From Segments to Concepts: Interpretable Image Classification via Concept-Guided Segmentation
Ran Eisenberg, Amit Rozner, Ethan Fetaya, Ofir Lindenbaum
TL;DR
SEG-MIL-CBM tackles the interpretability challenge in vision by grounding predictions in semantically meaningful image regions. It combines a CLIP-guided concept segmentation pipeline with an attention-based MIL that treats each segment as an instance and aligns segment concepts with CLIP cues, producing spatially grounded, concept-level explanations without needing concept annotations. Empirically, it improves worst-group accuracy under spurious correlations, maintains strong performance on standard benchmarks, and demonstrates robustness to common corruptions, while offering interpretable region-level reasoning. This approach bridges interpretability and robustness for open-world vision systems, with potential applicability to safety-critical tasks where regional evidence and concept alignment are crucial.
Abstract
Deep neural networks have achieved remarkable success in computer vision; however, their black-box nature in decision-making limits interpretability and trust, particularly in safety-critical applications.

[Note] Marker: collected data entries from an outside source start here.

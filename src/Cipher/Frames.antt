-- ===== src/Cipher/Frames.antt =====
-- The block loop of `decrypt_available`: its rounds, its fuel, and what it leaves behind.
use openairplay.Prelude.{
  ℕ, zero, suc, ◌+◌, ◌≤◌, ◌<◌, ◌≡◌, refl, sym, ap, ◌∙◌, inl, inr, ltb, Bool-cases, Option, some,
  none, [], ◌∷◌, ◌++◌, append-nil, append_assoc, length, take, drop, length-drop, Bytes, from_le16,
  Option-cases, arith,
}
use openairplay.Aead.{Aead}
use openairplay.Cipher.{Decryptor, succ_u64, nonce_for, tag_len, decrypt_loop, decrypt_available}

-- A trailing block that is not complete yet.
abbrev pub IsPartial : Bytes → Type 0
IsPartial [] = Unit
IsPartial (b0 ∷ []) = Unit
IsPartial (b0 ∷ b1 ∷ rest) = length rest < from_le16 b0 b1 + tag_len

abbrev pub Answer : Type 0
Answer = Option (Bytes × ℕ) × Decryptor

-- What was decrypted before, put in front of a later answer.
abbrev pub after : Bytes → ℕ → Answer → Answer
after plain pos (none, d) = (none, d)
after plain pos (some (p, n), d) = (some (plain ++ p, pos + n), d)

abbrev pub next : Decryptor → Decryptor
next d = record d { counter = succ_u64 d.counter }

pub after-after :
    (p q : Bytes) (m n : ℕ) (r : Answer) → after p m (after q n r) ≡ after (p ++ q) (m + n) r
after-after p q m n (none, d) = refl
after-after p q m n (some (x, k), d) =
    rw (append_assoc p q x) (ap (λ (j : ℕ). (some (p ++ (q ++ x), j), d)) (omega arith))

pub after_nothing : (r : Answer) → after [] 0 r ≡ r
after_nothing (none, d) = refl
after_nothing (some (x, k), d) = ap (λ (j : ℕ). (some (x, j), d)) (omega arith)

module _ (aead : Aead) where
  abbrev pub opened : Decryptor → ℕ → ℕ → Bytes → Option Bytes
  opened d b0 b1 rest =
      aead.decrypt d.key (nonce_for d.counter) (b0 ∷ b1 ∷ [])
        (take (from_le16 b0 b1 + tag_len) rest)

  -- The three ways a round ends.
  pub round_partial :
      (fuel : ℕ) (d : Decryptor) (input plain : Bytes) (pos : ℕ)
      → IsPartial input
      → decrypt_loop aead fuel d input plain pos ≡ (some (plain, pos), d)
  unfolding decrypt_loop
  round_partial zero d input plain pos h = refl
  round_partial (suc fuel) d [] plain pos h = refl
  round_partial (suc fuel) d (b0 ∷ []) plain pos h = refl
  round_partial (suc fuel) d (b0 ∷ b1 ∷ rest) plain pos h = ground arith

  pub round_refused :
      (fuel : ℕ) (d : Decryptor) (b0 b1 : ℕ) (rest plain : Bytes) (pos : ℕ)
      → from_le16 b0 b1 + tag_len ≤ length rest
      → opened d b0 b1 rest ≡ none
      → decrypt_loop aead (suc fuel) d (b0 ∷ b1 ∷ rest) plain pos ≡ (none, d)
  unfolding decrypt_loop
  round_refused fuel d b0 b1 rest plain pos h e = ground arith

  pub round_opened :
      (fuel : ℕ) (d : Decryptor) (b0 b1 : ℕ) (rest plain pt : Bytes) (pos : ℕ)
      → from_le16 b0 b1 + tag_len ≤ length rest
      → opened d b0 b1 rest ≡ some pt
      → decrypt_loop aead (suc fuel) d (b0 ∷ b1 ∷ rest) plain pos
        ≡ decrypt_loop aead fuel
            (next d)
            (drop (from_le16 b0 b1 + tag_len) rest)
            (plain ++ pt)
            (pos + (2 + from_le16 b0 b1 + tag_len))
  unfolding decrypt_loop
  round_opened fuel d b0 b1 rest plain pt pos h e = ground arith

  -- The three kinds of input that a round can meet.
  pub data View (d : Decryptor) : Bytes → Type 0 where
    partial : {input : Bytes} → IsPartial input → View d input
    refused :
        {b0 b1 : ℕ} {rest : Bytes}
        → from_le16 b0 b1 + tag_len ≤ length rest
        → opened d b0 b1 rest ≡ none
        → View d (b0 ∷ b1 ∷ rest)
    opens :
        {b0 b1 : ℕ} {rest : Bytes} (pt : Bytes)
        → from_le16 b0 b1 + tag_len ≤ length rest
        → opened d b0 b1 rest ≡ some pt
        → View d (b0 ∷ b1 ∷ rest)

  View-full :
      (d : Decryptor) (b0 b1 : ℕ) (rest : Bytes)
      → from_le16 b0 b1 + tag_len ≤ length rest
      → View d (b0 ∷ b1 ∷ rest)
  View-full d b0 b1 rest h = elim (Option-cases (opened d b0 b1 rest)) [
    | inl e ↦ refused h e
    | inr (pt, e) ↦ opens pt h e
  ]

  pub view : (d : Decryptor) (input : Bytes) → View d input
  view d [] = partial tt
  view d (b0 ∷ []) = partial tt
  view d (b0 ∷ b1 ∷ rest) = elim (Bool-cases (ltb (length rest) (from_le16 b0 b1 + tag_len))) [
    | inl short ↦ partial (ground arith)
    | inr fits ↦ View-full d b0 b1 rest (ground arith)
  ]

  -- The accumulator stands in front of the answer.
  decrypt_loop-after :
      (fuel : ℕ) (d : Decryptor) (input plain : Bytes) (pos : ℕ)
      → View d input
      → decrypt_loop aead fuel d input plain pos
        ≡ after plain pos (decrypt_loop aead fuel d input [] 0)
  decrypt_loop-after zero d input plain pos v =
      unfold decrypt_loop in rw append-nil (ap (λ (j : ℕ). (some (plain, j), d)) (omega arith))
  decrypt_loop-after (suc fuel) d input plain pos (partial h) =
      rw
        (
          round_partial (suc fuel) d input plain pos h,
          round_partial (suc fuel) d input [] 0 h,
          append-nil,
        )
        (ap (λ (j : ℕ). (some (plain, j), d)) (omega arith))
  decrypt_loop-after (suc fuel) d _ plain pos (refused {b0} {b1} {rest} h e) =
      rw (round_refused fuel d b0 b1 rest plain pos h e, round_refused fuel d b0 b1 rest [] 0 h e)
  decrypt_loop-after (suc fuel) d _ plain pos (opens {b0} {b1} {rest} pt h e) =
      let len = from_le16 b0 b1 + tag_len in
      let later = decrypt_loop aead fuel (next d) (drop len rest) [] 0 in
      round_opened fuel d b0 b1 rest plain pt pos h e
      ∙ decrypt_loop-after fuel (next d) (drop len rest) (plain ++ pt) _
          (view (next d) (drop len rest))
      ∙ ap (λ (j : ℕ). after (plain ++ pt) j later) (omega arith)
      ∙ sym (after-after plain pt pos (2 + len) later)
      ∙ ap (after plain pos) (
          ap (λ (j : ℕ). after pt j later) (omega arith)
          ∙ sym (
              decrypt_loop-after fuel (next d) (drop len rest) pt _ (view (next d) (drop len rest)))
          ∙ sym (round_opened fuel d b0 b1 rest [] pt 0 h e))

  -- Any fuel that covers the length gives the same answer.
  decrypt_loop-fuel :
      (f g : ℕ) (d : Decryptor) (input plain : Bytes) (pos : ℕ)
      → View d input
      → length input ≤ f
      → length input ≤ g
      → decrypt_loop aead f d input plain pos ≡ decrypt_loop aead g d input plain pos
  decrypt_loop-fuel f g d input plain pos (partial h) hf hg =
      rw (round_partial f d input plain pos h, round_partial g d input plain pos h)
  decrypt_loop-fuel zero g d input plain pos v hf hg = absurd (omega arith)
  decrypt_loop-fuel (suc f) zero d input plain pos v hf hg = absurd (omega arith)
  decrypt_loop-fuel (suc f) (suc g) d _ plain pos (refused {b0} {b1} {rest} h e) hf hg =
      rw (round_refused f d b0 b1 rest plain pos h e, round_refused g d b0 b1 rest plain pos h e)
  decrypt_loop-fuel (suc f) (suc g) d _ plain pos (opens {b0} {b1} {rest} pt h e) hf hg =
      let len = from_le16 b0 b1 + tag_len in
      round_opened f d b0 b1 rest plain pt pos h e
      ∙ decrypt_loop-fuel f g (next d) (drop len rest) (plain ++ pt) _
          (view (next d) (drop len rest)) (omega (arith, length-drop len rest))
          (omega (arith, length-drop len rest))
      ∙ sym (round_opened g d b0 b1 rest plain pt pos h e)

  -- The equations of `decrypt_available`, with neither fuel nor accumulator.
  pub available_partial :
      (d : Decryptor) (input : Bytes)
      → IsPartial input
      → decrypt_available aead d input ≡ (some ([], 0), d)
  unfolding decrypt_available
  available_partial d input h = round_partial (length input) d input [] 0 h

  pub available_refused :
      (d : Decryptor) (b0 b1 : ℕ) (rest : Bytes)
      → from_le16 b0 b1 + tag_len ≤ length rest
      → opened d b0 b1 rest ≡ none
      → decrypt_available aead d (b0 ∷ b1 ∷ rest) ≡ (none, d)
  unfolding decrypt_available
  available_refused d b0 b1 rest h e = round_refused (suc (length rest)) d b0 b1 rest [] 0 h e

  pub available_opened :
      (d : Decryptor) (b0 b1 : ℕ) (rest pt : Bytes)
      → from_le16 b0 b1 + tag_len ≤ length rest
      → opened d b0 b1 rest ≡ some pt
      → decrypt_available aead d (b0 ∷ b1 ∷ rest)
        ≡ after pt
            (2 + from_le16 b0 b1 + tag_len)
            (decrypt_available aead (next d) (drop (from_le16 b0 b1 + tag_len) rest))
  unfolding decrypt_available
  available_opened d b0 b1 rest pt h e =
      let len = from_le16 b0 b1 + tag_len in
      let tail = drop len rest in
      round_opened (suc (length rest)) d b0 b1 rest [] pt 0 h e
      ∙ decrypt_loop-fuel (suc (length rest)) (length tail) (next d) tail pt _ (view (next d) tail)
          (omega (arith, length-drop len rest)) (omega arith)
      ∙ decrypt_loop-after (length tail) (next d) tail pt _ (view (next d) tail)
      ∙ ap (λ (j : ℕ). after pt j (decrypt_loop aead (length tail) (next d) tail [] 0))
          (omega arith)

Interpretability is crucial in domains where errors have severe consequences. Existing models not only lack transparency but also risk exploiting unreliable or misleading features, which undermines both robustness and the validity of their explanations. Concept Bottleneck Models (CBMs) aim to improve transparency by reasoning through human-interpretable concepts. Still, they require costly concept annotations and lack spatial grounding, often failing to identify which regions support each concept. We propose SEG-MIL-CBM, a novel framework that integrates concept-guided image segmentation into an attention-based multiple instance learning (MIL) framework, where each segmented region is treated as an instance and the model learns to aggregate evidence across them. By reasoning over semantically meaningful regions aligned with high-level concepts, our model highlights task-relevant evidence, down-weights irrelevant cues, and produces spatially grounded, concept-level explanations without requiring annotations of concepts or groups. SEG-MIL-CBM achieves robust performance across settings involving spurious correlations (unintended dependencies between background and label), input corruptions (perturbations that degrade visual quality), and large-scale benchmarks, while providing transparent, concept-level explanations.